Cinematic violence, in other words, inevitably seeps into the real world, in ways that are not always easy to calculate. Yet do we now want to police directors, demanding an end to imaginative work that may need what Shakespeare called violent delights to capture the attention of audiences and, more importantly, to remain authentic and true to its time and place?

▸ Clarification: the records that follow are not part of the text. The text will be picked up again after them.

-- ===== src/Manage/Accounts.antt =====
-- scripts/manage-users.go and internal/auth/auth.go together: what the server makes of the file that
-- the tool leaves.
use multi_protocol_proxy.Prelude.{
  ℕ, zero, suc, ◌<◌, Bool, true, false, List, [], ◌∷◌, ◌++◌, none, some, Bytes, codes, to_lower,
  str_eq, str_eq_iff, str_eq_refl, length, take, drop, get_elem?, if◌then◌else◌, lookup, Map,
  half_mod, All, ◌≡◌, ◌≢◌, refl, ap, ◌∙◌, subst, arith, some_inj,
}
use multi_protocol_proxy.Host.{Host}
use multi_protocol_proxy.Pac.{trim_space}
use multi_protocol_proxy.Auth.{
  User, UserStore, UsersConfig, parsed, load_from_file, empty_store, get_user, validate_credentials,
  verify, fresh_entry, cache_key,
}
use multi_protocol_proxy.Auth.Cache.{Accepts}
use multi_protocol_proxy.Auth.Loading.{last_enabled, load-last_enabled, load-cache}
use multi_protocol_proxy.Manage.{
  Tools, Lines, prompt, exists, ask_user, add_user, select, remove_user,
}

-- The names in lower case, in the order of the file.
abbrev names : List User → List Bytes
names [] = []
names (u ∷ us) = to_lower u.username ∷ names us

-- No two of them are the same.
abbrev AreDistinct : List Bytes → Type 0
AreDistinct [] = Unit {0}
AreDistinct (n ∷ ns) = All (λ m. m ≢ n) ns × AreDistinct ns

last_enabled-absent :
    (k : Bytes) (us : List User) → All (λ m. m ≢ k) (names us) → last_enabled k us ≡ none
last_enabled-absent k [] h = refl
last_enabled-absent k (u ∷ us) h =
    ground (arith, last_enabled-absent k us h.1, h.0, str_eq_iff (to_lower u.username) k)

last_enabled-append :
    (us : List User) (u : User)
    → u.enabled ≡ true
    → last_enabled (to_lower u.username) (us ++ u ∷ []) ≡ some u
last_enabled-append [] u e = rw (e, str_eq_refl (to_lower u.username)) refl
last_enabled-append (v ∷ us) u e = rw (last_enabled-append us u e) refl

All-at :
    (P : Bytes → Type 0) (i : ℕ) (us : List User) (u : User)
    → All P (names us)
    → get_elem? us i ≡ some u
    → P (to_lower u.username)
All-at P i [] u h e = cc (e)
All-at P zero (v ∷ us) u h e = subst (λ (w : User). P (to_lower w.username)) (some_inj e) h.0
All-at P (suc i) (v ∷ us) u h e = All-at P i us u h.1 e

-- A user that none of the others shares its name with does not hide them.
last_enabled-skip :
    (v : User) (us : List User) (k : Bytes)
    → k ≢ to_lower v.username
    → last_enabled k (v ∷ us) ≡ last_enabled k us
last_enabled-skip v us k other = ground (arith, str_eq_iff (to_lower v.username) k)

last_enabled-at :
    (i : ℕ) (us : List User) (u : User)
    → AreDistinct (names us)
    → get_elem? us i ≡ some u
    → last_enabled (to_lower u.username) us ≡ (if u.enabled then some u else none)
last_enabled-at i [] u d e = cc (e)
last_enabled-at zero (v ∷ us) u d e =
    subst
      (λ (w : User).
        last_enabled (to_lower w.username) (v ∷ us) ≡ (if w.enabled then some w else none))
      (some_inj e)
      (ground (
        arith,
        last_enabled-absent (to_lower v.username) us d.0,
        str_eq_refl (to_lower v.username),
      ))
last_enabled-at (suc i) (v ∷ us) u d e =
    last_enabled-skip v us (to_lower u.username)
      (All-at (λ m. m ≢ to_lower v.username) i us u d.0 e)
    ∙ last_enabled-at i us u d.1 e

last_enabled-without :
    (i : ℕ) (us : List User) (u : User)
    → AreDistinct (names us)
    → get_elem? us i ≡ some u
    → last_enabled (to_lower u.username) (take i us ++ drop (suc i) us) ≡ none
last_enabled-without i [] u d e = cc (e)
last_enabled-without zero (v ∷ us) u d e =
    subst (λ (w : User). last_enabled (to_lower w.username) us ≡ none) (some_inj e)
      (last_enabled-absent (to_lower v.username) us d.0)
last_enabled-without (suc i) (v ∷ us) u d e =
    last_enabled-skip v (take i us ++ drop (suc i) us) (to_lower u.username)
      (All-at (λ m. m ≢ to_lower v.username) i us u d.0 e)
    ∙ last_enabled-without i us u d.1 e

verify-Accepts :
    (h : Host) (s : UserStore) (now : ℕ) (u p key : Bytes) (user : User)
    → Accepts h s u p user
    → (verify h s now u p key).1 ≡ some user
unfolding verify
verify-Accepts h s now u p key user a = rw (a.0, verify, a.1) refl

validate-no_cache :
    (h : Host) (s : UserStore) (now : ℕ) (u p : Bytes) (user : User)
    → s.cred_cache ≡ []
    → Accepts h s u p user
    → (validate_credentials h s now u p).1 ≡ some user
unfolding validate_credentials verify fresh_entry lookup
validate-no_cache h s now u p user e a =
    rw (miss, validate_credentials) (verify-Accepts h s now u p (cache_key h u p) user a)
  where
    miss : lookup (cache_key h u p) s.cred_cache ≡ none
    miss = ap (lookup (cache_key h u p)) e

empty_cache : (b : Bool) → (if b then empty_store.cred_cache else []) ≡ []
empty_cache true = refl
empty_cache false = refl

-- If no two users of a file share a name up to case, then the server that loads it knows the
-- user at each place of the file, under any case of the name, exactly if it is enabled.
pub load-managed :
    (h : Host) (order : Map User → Map User) (s : UserStore) (cfg : UsersConfig) (now i : ℕ)
    (u : User) (name : Bytes)
    → AreDistinct (names cfg.users)
    → get_elem? cfg.users i ≡ some u
    → to_lower name ≡ to_lower u.username
    → get_user (load_from_file h order s (parsed cfg) now).0 name
      ≡ (if u.enabled then some u else none)
load-managed h order s cfg now i u name d at same =
    load-last_enabled h order s cfg now name
    ∙ ap (λ k. last_enabled k cfg.users) same
    ∙ last_enabled-at i cfg.users u d at

-- What `addUser` does when it asks for everything and the name is free.
add_user-new :
    (t : Tools) (cfg : UsersConfig) (name password hash : Bytes) (ls : Lines)
    → str_eq (trim_space name) [] ≡ false
    → exists t.equal_fold (trim_space name) cfg.users ≡ false
    → str_eq (trim_space password) [] ≡ false
    → t.generate_hash (trim_space password) ≡ some hash
    → (add_user t cfg (name ∷ password ∷ ls)).0.users
      ≡ cfg.users ++ (ask_user t (trim_space name) hash ls).0 ∷ []
unfolding add_user prompt
add_user-new t cfg name password hash ls given free typed hashed =
    rw (given, free, typed, hashed, add_user) refl

-- When the tool adds a user, and the server then starts with that file, the server accepts the name,
-- in any case, with the password that was typed: name and password are not empty, the name is free up
-- to case, and bcrypt makes a hash that it accepts the password for. White space around them is cut.
pub add_user-validates :
    (t : Tools) (h : Host) (order : Map User → Map User) (cfg : UsersConfig)
    (name password hash typed_name : Bytes) (ls : Lines) (loaded now : ℕ)
    → str_eq (trim_space name) [] ≡ false
    → exists t.equal_fold (trim_space name) cfg.users ≡ false
    → str_eq (trim_space password) [] ≡ false
    → t.generate_hash (trim_space password) ≡ some hash
    → h.compare_hash hash (trim_space password) ≡ true
    → to_lower typed_name ≡ to_lower (trim_space name)
    → let cfg' = (add_user t cfg (name ∷ password ∷ ls)).0 in
      let s = (load_from_file h order empty_store (parsed cfg') loaded).0 in
      (validate_credentials h s now typed_name (trim_space password)).1
      ≡ some (ask_user t (trim_space name) hash ls).0
unfolding get_user ask_user
add_user-validates t h order cfg name password hash typed_name ls loaded now given free typed hashed
      good same =
    let cfg' = (add_user t cfg (name ∷ password ∷ ls)).0 in
    let user = (ask_user t (trim_space name) hash ls).0 in
    validate-no_cache h (load_from_file h order empty_store (parsed cfg') loaded).0 now typed_name
      (trim_space password) user
      (load-cache h order empty_store (parsed cfg') loaded ∙ empty_cache _)
      (
        load-last_enabled h order empty_store cfg' loaded typed_name
            ∙ ap (λ k. last_enabled k cfg'.users) same
            ∙ ap (last_enabled (to_lower (trim_space name)))
                (add_user-new t cfg name password hash ls given free typed hashed)
            ∙ last_enabled-append cfg.users user refl,
        good,
      )

select-at :
    (t : Tools) (cfg : UsersConfig) (line : Bytes) (ls : Lines) (i : ℕ)
    → t.atoi (trim_space line) ≡ (suc i, true)
    → str_eq (trim_space line) (codes "cancel") ≡ false
    → i < length cfg.users
    → length cfg.users < half_mod
    → select t cfg (line ∷ ls) ≡ (some i, ls)
unfolding select prompt
select-at t cfg line ls i number no_cancel h w = rw (no_cancel, number, select) (ground arith)

get_elem?-lt : (us : List User) (i : ℕ) (u : User) → get_elem? us i ≡ some u → i < length us
get_elem?-lt [] i u e = cc (e)
get_elem?-lt (v ∷ us) zero u e = omega arith
get_elem?-lt (v ∷ us) (suc i) u e = omega (arith, get_elem?-lt us i u e)

-- When the tool removes a user by its number, the server that loads the file then knows nobody of
-- that name up to case, if the names of the file were distinct up to case.
pub remove_user-unknown :
    (t : Tools) (h : Host) (order : Map User → Map User) (s : UserStore) (cfg : UsersConfig)
    (line name : Bytes) (ls : Lines) (i now : ℕ) (u : User)
    → AreDistinct (names cfg.users)
    → get_elem? cfg.users i ≡ some u
    → length cfg.users < half_mod
    → t.atoi (trim_space line) ≡ (suc i, true)
    → str_eq (trim_space line) (codes "cancel") ≡ false
    → to_lower name ≡ to_lower u.username
    → let cfg' = (remove_user t cfg (line ∷ ls)).0 in
      get_user (load_from_file h order s (parsed cfg') now).0 name ≡ none
unfolding remove_user
remove_user-unknown t h order s cfg line name ls i now u d at w number no_cancel same =
    load-last_enabled h order s (remove_user t cfg (line ∷ ls)).0 now name
    ∙ ap (λ k. last_enabled k (remove_user t cfg (line ∷ ls)).0.users) same
    ∙ ap (last_enabled (to_lower u.username)) removed
    ∙ last_enabled-without i cfg.users u d at
  where
    removed : (remove_user t cfg (line ∷ ls)).0.users ≡ take i cfg.users ++ drop (suc i) cfg.users
    removed =
        rw
          (
            select-at t cfg line ls i number no_cancel (get_elem?-lt cfg.users i u at) w,
            remove_user,
          )
          refl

Can we let Tarantino off the hook? After all, he may be doing nothing more than offering a meditation on how the success of Hollywood films is fueled by mayhem and violence. Or he may be delivering a message on how stuntmen take all the risks and save the day while actors lounge in the pool. Is he mocking the way we cheer on the tough guy who will snuff out the killers (using their tactics)? Or is he revealing how a violent killing spree can be turned into just another day at the office, with the fading TV star played by Leonardo DiCaprio casually and happily accepting an invitation to socialize with Sharon Tate and her friends as charred and battered corpses are driven off in ambulances? Tarantino may be giving us the fairy tale we deserve, even as he mischievously critiques the medium in which he operates and the illusions in which it traffics. Reminding us of our desperate need for scapegoats, he shows us what hypocrites we are when we preach the gospel of kindness and empathy to our children.

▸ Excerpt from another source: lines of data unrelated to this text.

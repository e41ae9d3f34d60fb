-- ===== src/Ui/Note.antt =====
-- internal/ui/note.go: messages in a box. Styles are parameters: the functions of theme.go only call
-- the colour package, and so is `fmt.Sscanf`.
pub mod Wrap
use mathlib.Core.Option
use multi_protocol_proxy.Prelude.{
  ℕ, zero, suc, ◌+◌, ◌-◌, Bool, true, false, not, List, [], ◌∷◌, ◌++◌, Option, none, some, codes,
  leb, ltb, ◌==◌, positive, str_eq, if◌then◌else◌, map,
}
use multi_protocol_proxy.Pac.{is_space, trim_space}
use multi_protocol_proxy.Ui.Ansi.{Text, visible_width, spaces}
use multi_protocol_proxy.Ui.Table.{repeat, join}

pub record Styles : Type 0 where
  -- `IsRich`
  pub rich : Bool
  pub muted : Text → Text
  pub heading : Text → Text
  pub primary : Text → Text

-- `strings.Split(s, "\n")`
abbrev pub put : ℕ → List Text → List Text
put c [] = (c ∷ []) ∷ []
put c (l ∷ ls) = (c ∷ l) ∷ ls

unfoldable pub split_lines : Text → List Text
split_lines [] = [] ∷ []
split_lines (c ∷ s) = let rest = split_lines s in if c == 10 then [] ∷ rest else put c rest

-- `strings.Fields` on ASCII: `word` is what has been read of a word.
unfoldable pub fields_from : Text → Text → List Text
fields_from word [] = if str_eq word [] then [] else word ∷ []
fields_from word (c ∷ s) =
    let apart = fields_from [] s in
    let on = fields_from (word ++ c ∷ []) s in
    if is_space c then (if str_eq word [] then apart else word ∷ apart) else on

abbrev pub fields : Text → List Text
fields s = fields_from [] s

abbrev pub joined_by_space : Text → Text → Text
joined_by_space current word = (if str_eq current [] then current else current ++ codes " ") ++ word

-- The loop of `wrapLine` over the words.
unfoldable pub wrap_words : ℕ → List Text → List Text → Text → List Text
unfolding visible_width
wrap_words max_width [] lines current = if str_eq current [] then lines else lines ++ current ∷ []
wrap_words max_width (word ∷ words) lines current =
    let candidate = joined_by_space current word in
    let same_line = wrap_words max_width words lines candidate in
    let next_line =
      wrap_words max_width words (if str_eq current [] then lines else lines ++ current ∷ [])
        word in
    if leb (visible_width candidate) max_width then same_line else next_line

unfoldable pub wrap_line : Text → ℕ → List Text
unfolding wrap_words fields_from
wrap_line line max_width = if str_eq (trim_space line) [] then line ∷ [] else elim (fields line) [
  | [] ↦ [] ∷ []
  | word ∷ words ↦ wrap_words max_width (word ∷ words) [] []
]

-- The width to wrap at: `columns` is the variable COLUMNS.
unfoldable pub note_width : (Text → Option ℕ) → Option Text → ℕ → ℕ
note_width sscanf columns max_width =
    let n : ℕ = elim columns [ none ↦ 80 | some term ↦ Option.get_or (sscanf term) 80 ] in
    let width = (if positive n then n else 80) - 10 in
    let width = if ltb max_width width then max_width else width in
    if ltb width 40 then 40 else width

unfoldable pub wrap_all : List Text → ℕ → List Text
unfolding wrap_line
wrap_all [] width = []
wrap_all (line ∷ lines) width = wrap_line line width ++ wrap_all lines width

unfoldable pub wrap_note_message : (Text → Option ℕ) → Option Text → Text → ℕ → Text
unfolding note_width split_lines wrap_all join
wrap_note_message sscanf columns message max_width =
    join (10 ∷ []) (wrap_all (split_lines message) (note_width sscanf columns max_width))

unfoldable pub max_line_width : List Text → ℕ → ℕ
unfolding visible_width
max_line_width [] widest = widest
max_line_width (line ∷ lines) widest =
    let w = visible_width line in max_line_width lines (if ltb widest w then w else widest)

abbrev horizontal : ℕ
horizontal = 9472

-- The line above the text: `none` is the panic of `strings.Repeat` with a negative count.
unfoldable pub note_top : Styles → Text → ℕ → Option Text
unfolding visible_width repeat
note_top st title box_width =
    if str_eq title []
    then some (st.muted (9581 ∷ (repeat horizontal box_width ++ 9582 ∷ [])))
    else if ltb (box_width - 4) (visible_width title)
    then none
    else some (
        st.muted (9581 ∷ [])
        ++ (st.muted (repeat horizontal 2)
            ++ (codes " "
                ++ ((if st.rich then st.heading title else title)
                    ++ (codes " "
                        ++ (st.muted (repeat horizontal (box_width - 4 - visible_width title))
                            ++ st.muted (9582 ∷ [])))))))

unfoldable pub note_line : Styles → ℕ → Text → Text
unfolding visible_width spaces
note_line st box_width line =
    st.muted (9474 ∷ [])
    ++ (codes " "
        ++ (line
            ++ (spaces (box_width - visible_width line - 2)
                ++ (codes " " ++ st.muted (9474 ∷ [])))))

-- What `Note` prints between two empty lines; `none` is the panic, behind the first of these lines.
unfoldable pub note : Styles → (Text → Option ℕ) → Option Text → Text → Text → Option (List Text)
unfolding wrap_note_message split_lines max_line_width note_top note_line
note st sscanf columns message title =
    let lines = split_lines (wrap_note_message sscanf columns message 80) in
    let box_width = max_line_width lines 0 + 4 in
    elim (note_top st title box_width) [
      | none ↦ none
      | some top ↦ some (
          top
          ∷ (map (note_line st box_width) lines
              ++ st.muted (9584 ∷ (repeat horizontal box_width ++ 9583 ∷ [])) ∷ []))
    ]

unfoldable pub warning_note : Styles → (Text → Option ℕ) → Option Text → Text → Option (List Text)
unfolding note
warning_note st sscanf columns message = note st sscanf columns message (9888 ∷ codes " Warning")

Like every good fairy tale, Once upon a Time . . . in Hollywood gets us thinking more and thinking harder about who we are and about why violence in the movies is, as Tarantino once put it, “cool,” even when real-life violence is “one of the worst aspects of America.” What does it say about us when we cheer on the stuntman smashing faces into walls and the Hollywood star extinguishing life with his flamethrower and then recoil in horror when we wake up to headlines about another shooting spree in America?